-- Activity --
Line by line, return the material below exactly as it reads.

-- Provided material --

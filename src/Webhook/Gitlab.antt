-- ===== src/Webhook/Gitlab.antt =====
-- GitLab webhooks (vcsutils/webhookparser/gitlab.go).
pub mod Events
pub mod Shapes
pub mod Auth
pub mod Pushes
use froggit_go.Base.{
  String, ℤ, pos, true, Bool, ◌||◌, not, Option, none, some, List, [], ◌∷◌, Result, ok, err, panic,
  errorf, ◌>>=◌, deref, if◌then◌else◌, ◌==◌,
}
use froggit_go.Base.Text.{trim_prefix, split_parts}
use froggit_go.Vcs.{
  WebhookEvent, pr_rejected, pr_edited, pr_merged, pr_opened, push, tag_pushed, tag_removed,
  tag_prefix,
}
use froggit_go.Vcs.Values.{default_if_not_nil}
use froggit_go.Webhook.Info.{
  RepoDetails, User, BranchStatus, WebhookInfo, PullRequest, no_user, no_commit, no_tag,
  no_pull_request, no_info, git_nil_hash,
}
use froggit_go.Webhook.Info
use froggit_go.Webhook.Gitlab.Events.{
  PushCommit, PushEvent, TagEvent, MergeEvent, EventUser, Event, push_event, merge_event, tag_event,
  other_event, Api, push_commit_zero,
}
use froggit_go.Webhook.Http.{Request, Time, header_get, read_body}
use froggit_go.Webhook.Parser.{Parser}

-- The payload is read only when the token has been accepted.
unfoldable pub validate_payload : Request → String → Result String
unfolding header_get read_body
validate_payload request token =
    let actual = header_get request.headers "X-GitLab-Token" in
    if not (token == "") || not (actual == "")
    then (if actual == token then read_body request else err (errorf "token mismatch"))
    else read_body request

unfoldable pub branch_status : PushEvent → BranchStatus
unfolding Info.branch_status
branch_status e =
    Info.branch_status (not (e.before == git_nil_hash)) (not (e.after == git_nil_hash))

-- The first two parts of the path; a path with no `/` has no second one, and `split[1]` panics.
unfoldable pub parse_repo_details : String → Result RepoDetails
unfolding split_parts
parse_repo_details path =
    let p = split_parts "/" path in
    elim p.others [
      | [] ↦ panic "index out of range [1] with length 1"
      | name ∷ _ ↦ ok (record { name = name; owner = p.first })
    ]

last_or : Option PushCommit → List (Option PushCommit) → Option PushCommit
last_or c [] = c
last_or c (d ∷ r) = last_or d r

unfoldable pub get_last_commit : PushEvent → Option PushCommit
unfolding last_or
get_last_commit e = last_or none e.commits

-- The timestamp of the first commit of the list, through two pointers.
local_timestamp : List (Option PushCommit) → Result ℤ
local_timestamp [] = ok (pos 0)
local_timestamp (c ∷ _) = do commit ← deref c; time ← deref commit.timestamp; ok time.unix

unfoldable pub parse_push_event : PushEvent → Result WebhookInfo
unfolding local_timestamp get_last_commit parse_repo_details branch_status trim_prefix
parse_push_event e = do
  timestamp ← local_timestamp e.commits
  let last_commit = default_if_not_nil (get_last_commit e)
  repo ← parse_repo_details e.project_path
  ok (record no_info {
    target_repository_details = repo;
    target_branch = trim_prefix e.ref "refs/heads/";
    timestamp = timestamp;
    event = push;
    commit = record { hash = e.after; message = last_commit.message; url = last_commit.url };
    before_commit = record no_commit { hash = e.before };
    branch_status = branch_status e;
    triggered_by = record {
      login = e.user_username;
      email = e.user_email;
      display_name = e.user_name;
      avatar_url = e.user_avatar;
    };
    committer = record no_user {
      display_name = last_commit.author_name;
      email = last_commit.author_email;
    };
    author = record no_user {
      display_name = last_commit.author_name;
      email = last_commit.author_email;
    };
  })

-- The `switch` on the action; `none` is the action that is not supported.
unfoldable pub pr_event : String → Option WebhookEvent
pr_event action =
    if action == "open" || action == "reopen"
    then some pr_opened
    else if action == "update"
    then some pr_edited
    else if action == "merge"
    then some pr_merged
    else if action == "close"
    then some pr_rejected
    else none

abbrev pub pr_info :
    MergeEvent → WebhookEvent → Time → RepoDetails → RepoDetails → EventUser → WebhookInfo
pr_info e event time source target user = record no_info {
  pull_request_id = e.iid;
  source_repository_details = source;
  source_branch = e.source_branch;
  target_repository_details = target;
  target_branch = e.target_branch;
  timestamp = time.unix;
  event = event;
  pull_request = some (record no_pull_request {
    id = e.iid;
    title = e.title;
    compare_url = e.url;
    timestamp = time.unix;
    author = record {
      login = user.username;
      display_name = user.name;
      email = user.email;
      avatar_url = user.avatar_url;
    };
    triggered_by = record no_user { login = user.username; email = e.last_commit_author_email };
    skip_decryption = true;
    target_repository = target;
    target_branch = e.target_branch;
    target_hash = "";
    source_repository = source;
    source_branch = e.source_branch;
    source_hash = e.last_commit_id;
  });
}

unfoldable pub parse_tag_events : TagEvent → Result WebhookInfo
unfolding trim_prefix parse_repo_details
parse_tag_events e = do
  repo ← parse_repo_details e.project_path
  let tag : Info.Tag = record no_tag {
    name = trim_prefix e.ref tag_prefix;
    message = e.message;
    repository = repo;
    author = record {
      login = e.user_username;
      display_name = e.user_name;
      email = e.user_email;
      avatar_url = e.user_avatar;
    };
  }
  if not (e.checkout_sha == "")
      then ok (record no_info {
        event = tag_pushed;
        tag = some (record tag { hash = e.after; target_hash = e.checkout_sha });
      })
      else ok (record no_info { event = tag_removed; tag = some (record tag { hash = e.before }) })

-- `parse_time layout text` is `time.Parse`.
module _ (parse_time : String → String → Result Time) where
  pr_fields : MergeEvent → WebhookEvent → Result (Option WebhookInfo)
  unfolding parse_repo_details
  pr_fields e event = do
    time ← parse_time "2006-01-02 15:04:05 MST" e.updated_at
    source_repo ← deref e.source
    source ← parse_repo_details source_repo.path_with_namespace
    target_repo ← deref e.target
    target ← parse_repo_details target_repo.path_with_namespace
    user ← deref e.user
    ok (some (pr_info e event time source target user))

  unfoldable pub parse_pr_events : MergeEvent → Result (Option WebhookInfo)
  unfolding pr_event pr_fields
  parse_pr_events e = elim (pr_event e.action) [ none ↦ ok none | some event ↦ pr_fields e event ]

  unfoldable pub dispatch : Event → Result (Option WebhookInfo)
  unfolding parse_push_event parse_pr_events parse_tag_events
  dispatch (push_event e) = do info ← parse_push_event e; ok (some info)
  dispatch (merge_event e) = parse_pr_events e
  dispatch (tag_event e) = do info ← parse_tag_events e; ok (some info)
  dispatch other_event = ok none

module _ (api : Api) (parse_time : String → String → Result Time) where
  unfoldable pub parse_incoming_webhook : Request → String → Result (Option WebhookInfo)
  unfolding dispatch
  parse_incoming_webhook request payload = do
    event ← api.parse_webhook (api.webhook_event_type request) payload
    dispatch parse_time event

  unfoldable pub new_parser : Parser
  unfolding validate_payload parse_incoming_webhook
  new_parser = record {
    validate_payload = validate_payload;
    parse_incoming_webhook = parse_incoming_webhook;
  }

-- Exercise response --
filename src/Webhook/Gitlab.antt
-- ===== src/Webhook/Gitlab.antt =====
-- GitLab webhooks (vcsutils/webhookparser/gitlab.go).
pub mod Events
pub mod Shapes
pub mod Auth
pub mod Pushes
use froggit_go.Base.{
  String, ℤ, pos, true, Bool, ◌||◌, not, Option, none, some, List, [], ◌∷◌, Result, ok, err, panic,
  errorf, ◌>>=◌, deref, if◌then◌else◌, ◌==◌,
}
use froggit_go.Base.Text.{trim_prefix, split_parts}
use froggit_go.Vcs.{
  WebhookEvent, pr_rejected, pr_edited, pr_merged, pr_opened, push, tag_pushed, tag_removed,
  tag_prefix,
}
use froggit_go.Vcs.Values.{default_if_not_nil}
use froggit_go.Webhook.Info.{
  RepoDetails, User, BranchStatus, WebhookInfo, PullRequest, no_user, no_commit, no_tag,
  no_pull_request, no_info, git_nil_hash,
}
use froggit_go.Webhook.Info
use froggit_go.Webhook.Gitlab.Events.{
  PushCommit, PushEvent, TagEvent, MergeEvent, EventUser, Event, push_event, merge_event, tag_event,
  other_event, Api, push_commit_zero,
}
use froggit_go.Webhook.Http.{Request, Time, header_get, read_body}
use froggit_go.Webhook.Parser.{Parser}

-- The payload is read only when the token has been accepted.
unfoldable pub validate_payload : Request → String → Result String
unfolding header_get read_body
validate_payload request token =
    let actual = header_get request.headers "X-GitLab-Token" in
    if not (token == "") || not (actual == "")
    then (if actual == token then read_body request else err (errorf "token mismatch"))
    else read_body request

unfoldable pub branch_status : PushEvent → BranchStatus
unfolding Info.branch_status
branch_status e =
    Info.branch_status (not (e.before == git_nil_hash)) (not (e.after == git_nil_hash))

-- The first two parts of the path; a path with no `/` has no second one, and `split[1]` panics.
unfoldable pub parse_repo_details : String → Result RepoDetails
unfolding split_parts
parse_repo_details path =
    let p = split_parts "/" path in
    elim p.others [
      | [] ↦ panic "index out of range [1] with length 1"
      | name ∷ _ ↦ ok (record { name = name; owner = p.first })
    ]

last_or : Option PushCommit → List (Option PushCommit) → Option PushCommit
last_or c [] = c
last_or c (d ∷ r) = last_or d r

unfoldable pub get_last_commit : PushEvent → Option PushCommit
unfolding last_or
get_last_commit e = last_or none e.commits

-- The timestamp of the first commit of the list, through two pointers.
local_timestamp : List (Option PushCommit) → Result ℤ
local_timestamp [] = ok (pos 0)
local_timestamp (c ∷ _) = do commit ← deref c; time ← deref commit.timestamp; ok time.unix

unfoldable pub parse_push_event : PushEvent → Result WebhookInfo
unfolding local_timestamp get_last_commit parse_repo_details branch_status trim_prefix
parse_push_event e = do
  timestamp ← local_timestamp e.commits
  let last_commit = default_if_not_nil (get_last_commit e)
  repo ← parse_repo_details e.project_path
  ok (record no_info {
    target_repository_details = repo;
    target_branch = trim_prefix e.ref "refs/heads/";
    timestamp = timestamp;
    event = push;
    commit = record { hash = e.after; message = last_commit.message; url = last_commit.url };
    before_commit = record no_commit { hash = e.before };
    branch_status = branch_status e;
    triggered_by = record {
      login = e.user_username;
      email = e.user_email;
      display_name = e.user_name;
      avatar_url = e.user_avatar;
    };
    committer = record no_user {
      display_name = last_commit.author_name;
      email = last_commit.author_email;
    };
    author = record no_user {
      display_name = last_commit.author_name;
      email = last_commit.author_email;
    };
  })

-- The `switch` on the action; `none` is the action that is not supported.
unfoldable pub pr_event : String → Option WebhookEvent
pr_event action =
    if action == "open" || action == "reopen"
    then some pr_opened
    else if action == "update"
    then some pr_edited
    else if action == "merge"
    then some pr_merged
    else if action == "close"
    then some pr_rejected
    else none

abbrev pub pr_info :
    MergeEvent → WebhookEvent → Time → RepoDetails → RepoDetails → EventUser → WebhookInfo
pr_info e event time source target user = record no_info {
  pull_request_id = e.iid;
  source_repository_details = source;
  source_branch = e.source_branch;
  target_repository_details = target;
  target_branch = e.target_branch;
  timestamp = time.unix;
  event = event;
  pull_request = some (record no_pull_request {
    id = e.iid;
    title = e.title;
    compare_url = e.url;
    timestamp = time.unix;
    author = record {
      login = user.username;
      display_name = user.name;
      email = user.email;
      avatar_url = user.avatar_url;
    };
    triggered_by = record no_user { login = user.username; email = e.last_commit_author_email };
    skip_decryption = true;
    target_repository = target;
    target_branch = e.target_branch;
    target_hash = "";
    source_repository = source;
    source_branch = e.source_branch;
    source_hash = e.last_commit_id;
  });
}

unfoldable pub parse_tag_events : TagEvent → Result WebhookInfo
unfolding trim_prefix parse_repo_details
parse_tag_events e = do
  repo ← parse_repo_details e.project_path
  let tag : Info.Tag = record no_tag {
    name = trim_prefix e.ref tag_prefix;
    message = e.message;
    repository = repo;
    author = record {
      login = e.user_username;
      display_name = e.user_name;
      email = e.user_email;
      avatar_url = e.user_avatar;
    };
  }
  if not (e.checkout_sha == "")
      then ok (record no_info {
        event = tag_pushed;
        tag = some (record tag { hash = e.after; target_hash = e.checkout_sha });
      })
      else ok (record no_info { event = tag_removed; tag = some (record tag { hash = e.before }) })

-- `parse_time layout text` is `time.Parse`.
module _ (parse_time : String → String → Result Time) where
  pr_fields : MergeEvent → WebhookEvent → Result (Option WebhookInfo)
  unfolding parse_repo_details
  pr_fields e event = do
    time ← parse_time "2006-01-02 15:04:05 MST" e.updated_at
    source_repo ← deref e.source
    source ← parse_repo_details source_repo.path_with_namespace
    target_repo ← deref e.target
    target ← parse_repo_details target_repo.path_with_namespace
    user ← deref e.user
    ok (some (pr_info e event time source target user))

  unfoldable pub parse_pr_events : MergeEvent → Result (Option WebhookInfo)
  unfolding pr_event pr_fields
  parse_pr_events e = elim (pr_event e.action) [ none ↦ ok none | some event ↦ pr_fields e event ]

  unfoldable pub dispatch : Event → Result (Option WebhookInfo)
  unfolding parse_push_event parse_pr_events parse_tag_events
  dispatch (push_event e) = do info ← parse_push_event e; ok (some info)
  dispatch (merge_event e) = parse_pr_events e
  dispatch (tag_event e) = do info ← parse_tag_events e; ok (some info)
  dispatch other_event = ok none

module _ (api : Api) (parse_time : String → String → Result Time) where
  unfoldable pub parse_incoming_webhook : Request → String → Result (Option WebhookInfo)
  unfolding dispatch
  parse_incoming_webhook request payload = do
    event ← api.parse_webhook (api.webhook_event_type request) payload
    dispatch parse_time event

  unfoldable pub new_parser : Parser
  unfolding validate_payload parse_incoming_webhook
  new_parser = record {
    validate_payload = validate_payload;
    parse_incoming_webhook = parse_incoming_webhook;
  }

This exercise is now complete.